Even here, Hooper refrains from any emphatic use of special effects, or even any emphatic spectacle, since the house is pointedly devoid of fixtures and largely in a state of disrepair, like an ancient sound stage that was last used during the classical era and has since fallen into desuetude. At the very moment at which the film seems set to disclose these same-sex living arrangements as its summative spectacle, we’re instead presented with something of a blank canvas, as Straker and Marlow are collapsed back into the wider legacy of the house and its lineage of tenants. As a result, their proximity to the town’s boys is never really resolved in any decisive fashion, just as the import of Straker’s peculiar pleasures are never really contained either, with Hooper cycling through the genre cues as rapidly as possible, and sidelining all the conventional vampiric moments in favour of quite a bleak conclusion, as the Straker house burns with Susan trapped inside, and the flames then engulf the town.

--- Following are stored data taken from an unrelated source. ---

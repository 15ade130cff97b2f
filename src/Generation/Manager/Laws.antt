-- ===== src/Generation/Manager/Laws.antt =====
-- The retirements that a manager waits for, and the generation that is current (manager.go).
use go_mamacord.Base.{
  ℕ, zero, suc, ◌+◌, ◌≡◌, refl, Bool, false, Option, none, some, List, [], ◌∷◌, arith, ◌==◌,
  if◌then◌else◌, length, map, ◌-◌, ◌≤◌,
}
use go_mamacord.Generation.{open_channel, closed_channel}
use go_mamacord.Generation.Manager.{
  Handle, Manager, new_manager, begin_retirement, is_draining, replace, activate_locked,
  close_locked, others, drain_replaced, finish_retirement, Step, activates, closes, drains,
  finishes, take_step, take_steps, activate, close, Call, activation, closing, retirement_end,
  serve,
}

-- `pending` counts the retirements that were begun and have not ended, and `retired` is closed exactly
-- when there is none; it was never closed twice.
abbrev pub IsCounted : Manager → Type 0
IsCounted m =
    (m.pending ≡ length m.replaced + m.retiring)
    × (m.retired ≡ (if m.pending == 0 then closed_channel else open_channel))

replace-IsCounted : (h : Option Handle) (m : Manager) → IsCounted m → IsCounted (replace h m)
unfolding replace begin_retirement
replace-IsCounted none m c = c
replace-IsCounted (some h) m c = ground arith

activate_locked-IsCounted :
    (m : Manager) (g : Handle) (ready : Bool)
    → IsCounted m
    → IsCounted (activate_locked m g ready).0
unfolding activate_locked
activate_locked-IsCounted m g ready c =
    let next = replace-IsCounted m.current m c in ground (arith, next)

length-others : (k p : ℕ) (ps : List ℕ) → length (others k p ps) ≡ length ps
unfolding others
length-others zero p ps = refl
length-others (suc k) p [] = refl
length-others (suc k) p (q ∷ ps) = omega (arith, length-others k q ps)

-- A drain takes one generation, if there is one, from those replaced to those retiring.
abbrev Moves : ℕ → Manager → Type 0
Moves k m =
    let n = drain_replaced k m in
    (length n.replaced ≡ length m.replaced - 1)
    × (n.pending ≡ m.pending)
    × (n.retired ≡ m.retired)
    × (length n.replaced + n.retiring ≡ length m.replaced + m.retiring)

drain_replaced-Moves : (k : ℕ) (m : Manager) (l : List ℕ) → m.replaced ≡ l → Moves k m
unfolding drain_replaced
drain_replaced-Moves k m [] e = ground arith
drain_replaced-Moves k m (p ∷ ps) e = ground (arith, length-others k p ps)

drain_replaced-IsCounted : (k : ℕ) (m : Manager) → IsCounted m → IsCounted (drain_replaced k m)
drain_replaced-IsCounted k m c =
    let (_, pending, retired, total) = drain_replaced-Moves k m m.replaced refl in ground arith

finish_retirement-IsCounted : (m : Manager) → IsCounted m → IsCounted (finish_retirement m)
unfolding finish_retirement
finish_retirement-IsCounted m c = ground arith

take_step-IsCounted : (m : Manager) (s : Step) → IsCounted m → IsCounted (take_step m s)
unfolding take_step close_locked
take_step-IsCounted m (activates g ready) c = activate_locked-IsCounted m g ready c
take_step-IsCounted m closes c = replace-IsCounted m.current m c
take_step-IsCounted m (drains k) c = drain_replaced-IsCounted k m c
take_step-IsCounted m finishes c = finish_retirement-IsCounted m c

steps-IsCounted : (m : Manager) (ss : List Step) → IsCounted m → IsCounted (take_steps m ss)
unfolding take_steps
steps-IsCounted m [] c = c
steps-IsCounted m (s ∷ ss) c = steps-IsCounted (take_step m s) ss (take_step-IsCounted m s c)

-- In any interleaving of calls of `Activate` and `Close` and of the goroutines that they start,
-- `pending` counts the retirements that were begun and have not ended, and `retired` is closed
-- exactly when there is none, and never twice.
pub take_steps-IsCounted : (ss : List Step) → IsCounted (take_steps new_manager ss)
take_steps-IsCounted ss = steps-IsCounted new_manager ss (refl, refl)

-- The current generation was not drained, and no generation waits for its drain.
abbrev pub is_stale : Manager → Option Handle → Bool
is_stale m none = false
is_stale m (some g) = is_draining m g

abbrev pub IsLive : Manager → Type 0
IsLive m = (is_stale m m.current ≡ false) × (m.replaced ≡ [])

activate-IsLive : (m : Manager) (g : Handle) → IsLive m → IsLive (activate m g)
unfolding activate activate_locked drain_replaced replace begin_retirement
activate-IsLive m g live = ground arith

close-IsLive : (m : Manager) → IsLive m → IsLive (close m)
unfolding close close_locked drain_replaced replace begin_retirement
close-IsLive m live = ground arith

finish_retirement-IsLive : (m : Manager) → IsLive m → IsLive (finish_retirement m)
unfolding finish_retirement
finish_retirement-IsLive m live = ground arith

serve_from-IsLive : (m : Manager) (cs : List Call) → IsLive m → IsLive (serve m cs)
unfolding serve
serve_from-IsLive m [] live = live
serve_from-IsLive m (activation g ∷ cs) live =
    serve_from-IsLive (activate m g) cs (activate-IsLive m g live)
serve_from-IsLive m (closing ∷ cs) live = serve_from-IsLive (close m) cs (close-IsLive m live)
serve_from-IsLive m (retirement_end ∷ cs) live =
    serve_from-IsLive (finish_retirement m) cs (finish_retirement-IsLive m live)

-- As long as no two calls of `Activate` and `Close` interleave, the generation that is current never
-- was drained.
pub serve-IsLive : (cs : List Call) → IsLive (serve new_manager cs)
serve-IsLive cs = serve_from-IsLive new_manager cs (refl, refl)

abbrev pub repeat : ℕ → Step → List Step
repeat zero s = []
repeat (suc n) s = s ∷ repeat n s

drains-pending :
    (ks : List ℕ) (m : Manager)
    → length m.replaced ≤ length ks
    → (length (take_steps m (map drains ks)).replaced ≡ 0)
      × ((take_steps m (map drains ks)).pending ≡ m.pending)
unfolding take_steps take_step
drains-pending [] m h = (omega arith, refl)
drains-pending (k ∷ ks) m h =
    let (left, pending, _, _) = drain_replaced-Moves k m m.replaced refl in
    let ih = drains-pending ks (drain_replaced k m) (omega arith) in (ih.0, omega arith)

finishes-pending :
    (n : ℕ) (m : Manager)
    → IsCounted m
    → length m.replaced ≡ 0
    → m.pending ≡ n
    → (take_steps m (repeat n finishes)).pending ≡ 0
unfolding take_steps take_step finish_retirement
finishes-pending zero m c r h = h
finishes-pending (suc n) m c r h =
    finishes-pending n (finish_retirement m) (finish_retirement-IsCounted m c) (ground arith)
      (ground arith)

counted_closed : (m : Manager) → IsCounted m → m.pending ≡ 0 → m.retired ≡ closed_channel
counted_closed m c h = ground arith

-- After any interleaving, once every replaced generation was drained, in any order, and every goroutine
-- that retires one has ended, the channel that `Close` waits for is closed.
pub retired_closes :
    (ss : List Step) (order : List ℕ)
    → length (take_steps new_manager ss).replaced ≤ length order
    → let n = take_steps (take_steps new_manager ss) (map drains order) in
      (take_steps n (repeat n.pending finishes)).retired ≡ closed_channel
retired_closes ss order enough =
    let m = take_steps new_manager ss in
    let n = take_steps m (map drains order) in
    let c = steps-IsCounted m (map drains order) (take_steps-IsCounted ss) in
    let empty = (drains-pending order m enough).0 in
    counted_closed (take_steps n (repeat n.pending finishes))
      (steps-IsCounted n (repeat n.pending finishes) c) (finishes-pending n.pending n c empty refl)
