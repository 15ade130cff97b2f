-- ===== src/Generation/Manager/Tests.antt =====
-- Tests of the manager of generations, and its theorems at concrete inputs.
use go_mamacord.Base.{◌≡◌, refl, true, false, List, [], ◌∷◌, map, arith, codes}
use go_mamacord.Generation.{closed_channel, open_channel}
use go_mamacord.Generation.Manager.{
  Handle, new_manager, begin_retirement, is_draining, replace, activate_locked, close_locked,
  drain_replaced, finish_retirement, Step, activates, closes, drains, finishes, take_step,
  take_steps, activation, retirement_end, serve,
}
use go_mamacord.Generation.Manager.Laws.{
  IsCounted, IsLive, is_stale, repeat, take_steps-IsCounted, serve-IsLive, retired_closes,
}

abbrev old : Handle
old = record { pointer = 1; id = codes "a" }

abbrev next : Handle
next = record { pointer = 2; id = codes "b" }

abbrev upgrade : List Step
upgrade = activates old true ∷ activates next true ∷ drains 0 ∷ closes ∷ finishes ∷ []

upgrade_pending : (take_steps new_manager upgrade).pending ≡ 1
unfolding take_steps take_step activate_locked close_locked drain_replaced finish_retirement replace
    begin_retirement
upgrade_pending = refl

upgrade_retired : (take_steps new_manager upgrade).retired ≡ open_channel
unfolding take_steps take_step activate_locked close_locked drain_replaced finish_retirement replace
    begin_retirement
upgrade_retired = refl

-- The old generation is activated again after it was replaced and before it is drained: it accepts
-- callbacks still, so the activation succeeds, and the drain then leaves a current generation that
-- accepts none.
abbrev reactivation : List Step
reactivation =
    activates old true ∷ activates next true ∷ activates old true ∷ drains 1 ∷ drains 0 ∷ []

reactivation_ready :
    is_draining (take_steps new_manager (activates old true ∷ activates next true ∷ [])) old ≡ false
unfolding take_steps take_step activate_locked replace begin_retirement
reactivation_ready = refl

reactivation_stale :
    is_stale (take_steps new_manager reactivation) (take_steps new_manager reactivation).current
    ≡ true
unfolding take_steps take_step activate_locked drain_replaced replace begin_retirement
reactivation_stale = refl

take_steps-IsCounted_example : IsCounted (take_steps new_manager upgrade)
take_steps-IsCounted_example = take_steps-IsCounted upgrade

serve-IsLive_example :
    IsLive
      (serve new_manager (activation old ∷ activation next ∷ activation old ∷ retirement_end ∷ []))
serve-IsLive_example =
    serve-IsLive (activation old ∷ activation next ∷ activation old ∷ retirement_end ∷ [])

retired_closes_example :
    let n = take_steps (take_steps new_manager upgrade) (map drains (1 ∷ [])) in
    (take_steps n (repeat n.pending finishes)).retired ≡ closed_channel
unfolding take_steps take_step activate_locked close_locked drain_replaced finish_retirement replace
    begin_retirement
retired_closes_example = retired_closes upgrade (1 ∷ []) (omega arith)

Yet the screenplay doesn’t quite end there. With everyone else in their lives either dead or undead, Ben and Mark are forced to conceive of a new kind of relationship in order to stay one step of the vampires, even if that new relationship simultaneously brings them closer to the vampires by conforming to the eerie proximity between boys and men that roused the suspicion of the townsfolk in the first place. It’s at this point that Hooper returns to the opening scene in Guatemala, where Susan suddenly reappears, and promises to mediate Ben and Mark’s relationship, thereby allowing them to finally commune as a regular father and son. In the final twist of the film, however, Susan turns out to be acting at the behest of the vampires, forcing Ben and Mark to exclude her as a point of reference more emphatically than ever before, and consign themselves to wandering the world much as Straker and Barlow did before them. What that world now looks like is unclear, since Salem’s Lot is no more than a distant memory, and Maine itself might as well have vanished into thin air. What is clear is that it can no longer be processed by Hooper’s exquisite naturalism, and that’s perhaps why Larry Cohen opted for high camp with A Return To Salem’s Lot, released in 1987, which takes this unusual rapport as its point of departure and main subject matter.